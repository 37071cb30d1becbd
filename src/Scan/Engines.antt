-- ===== src/Scan/Engines.antt =====
-- internal/app/scan.go: the scan with the engines of `defaultEngineFactory`, and the snapshot of
-- internal/graph, which holds the results and no more.
use devdiag.Base.{arith, All, List, true, none, some, ◌≡◌, ◌||◌, ◌=ₛ◌, is_blank, inl, inr}
use devdiag.Schema.{CollectorResult, Report, Finding}
use devdiag.Findings.{add, normalize_finding}
use devdiag.Findings.Origin.{All-add}
use devdiag.Rules.Host.{GoRuntime}
use devdiag.Rules.Engine.{evaluate}
use devdiag.Rules.Hardware.{evaluate_hardware}
use devdiag.Rules.Parity.Engine
use devdiag.Rules.Known.{IsKnown, AreKnown, AreKnown-All, is-AreKnown, branch, none_known, ◌and◌}
use devdiag.Rules.Known.Every.{evaluate-AreKnown}
use devdiag.Rules.Known.Devices.{hardware-AreKnown}
use devdiag.Rules.Known.Parity.{parity_engine-AreKnown}
use devdiag.Scan.{ScanOutcome, ScanOptions, ScannerDeps, evaluated}
use devdiag.Scan.Scanner.{scan}
use devdiag.Scan.Contract.{IsReported, contributed, scan_lem}

-- Engines that never fail, over the results themselves.
abbrev pub with_engines :
    GoRuntime → ScannerDeps (List CollectorResult) → ScannerDeps (List CollectorResult)
with_engines go deps = record deps {
  build = λ results. results;
  m1 = λ results. evaluated (evaluate go results);
  m6 = λ results. evaluated (evaluate_hardware results);
  m8 = λ results. evaluated (Engine.evaluate go results);
}

aggregate-IsKnown : (fs : List Finding) → AreKnown fs → All IsKnown (add fs)
unfolding normalize_finding is-AreKnown
aggregate-IsKnown fs h = All-add IsKnown (λ f es k. k) fs (AreKnown-All h)

report-IsKnown :
    {fs : List Finding} (out : ScanOutcome)
    → AreKnown fs
    → IsReported fs out
    → (r : Report) × (out.report ≡ some r) × (out.error ≡ none) × All IsKnown r.findings
report-IsKnown {fs} out h (r, at, ok, same, told, last) =
    (r, at, ok, rw same (aggregate-IsKnown fs h))

module _ (go : GoRuntime) (deps : ScannerDeps (List CollectorResult)) (opts : ScanOptions)
    (no_pack : is_blank opts.rule_pack_path ≡ true) where
  contributed-AreKnown : AreKnown (contributed (with_engines go deps) opts)
  contributed-AreKnown = rw no_pack (
      ((evaluate-AreKnown go deps.results
          and branch (opts.profile =ₛ "ai-ml") (hardware-AreKnown deps.results) none_known)
        and branch (deps.signals.has_ci || opts.ci) (parity_engine-AreKnown go deps.results)
            none_known)
      and none_known)

  -- A scan with the engines of the program and without a rule pack ends without an error and with a report,
  -- in which each finding has an ID that a domain is registered for; and each hint of a finding, unless its
  -- ID begins with F-SEC-, is that of a template in the registry of fixes.
  pub scan-IsKnown :
      (r : Report) × ((scan (with_engines go deps) opts).report ≡ some r)
      × ((scan (with_engines go deps) opts).error ≡ none)
      × All IsKnown r.findings
  scan-IsKnown = elim (scan_lem (with_engines go deps) opts) [
    | inl (fails, failed) ↦ absurd (ground (arith, fails, no_pack))
    | inr (passes, reported) ↦ report-IsKnown _ contributed-AreKnown reported
  ]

+++

The lines from the start of the entries above through the line containing "build = λ results. results;" are the ones to return, please; copy them exactly and include both ends.

repository 37071cb30d1becbd
filename src/Scan/Engines.antt
-- ===== src/Scan/Engines.antt =====
-- internal/app/scan.go: the scan with the engines of `defaultEngineFactory`, and the snapshot of
-- internal/graph, which holds the results and no more.
use devdiag.Base.{arith, All, List, true, none, some, ◌≡◌, ◌||◌, ◌=ₛ◌, is_blank, inl, inr}
use devdiag.Schema.{CollectorResult, Report, Finding}
use devdiag.Findings.{add, normalize_finding}
use devdiag.Findings.Origin.{All-add}
use devdiag.Rules.Host.{GoRuntime}
use devdiag.Rules.Engine.{evaluate}
use devdiag.Rules.Hardware.{evaluate_hardware}
use devdiag.Rules.Parity.Engine
use devdiag.Rules.Known.{IsKnown, AreKnown, AreKnown-All, is-AreKnown, branch, none_known, ◌and◌}
use devdiag.Rules.Known.Every.{evaluate-AreKnown}
use devdiag.Rules.Known.Devices.{hardware-AreKnown}
use devdiag.Rules.Known.Parity.{parity_engine-AreKnown}
use devdiag.Scan.{ScanOutcome, ScanOptions, ScannerDeps, evaluated}
use devdiag.Scan.Scanner.{scan}
use devdiag.Scan.Contract.{IsReported, contributed, scan_lem}

-- Engines that never fail, over the results themselves.
abbrev pub with_engines :
    GoRuntime → ScannerDeps (List CollectorResult) → ScannerDeps (List CollectorResult)
with_engines go deps = record deps {
  build = λ results. results;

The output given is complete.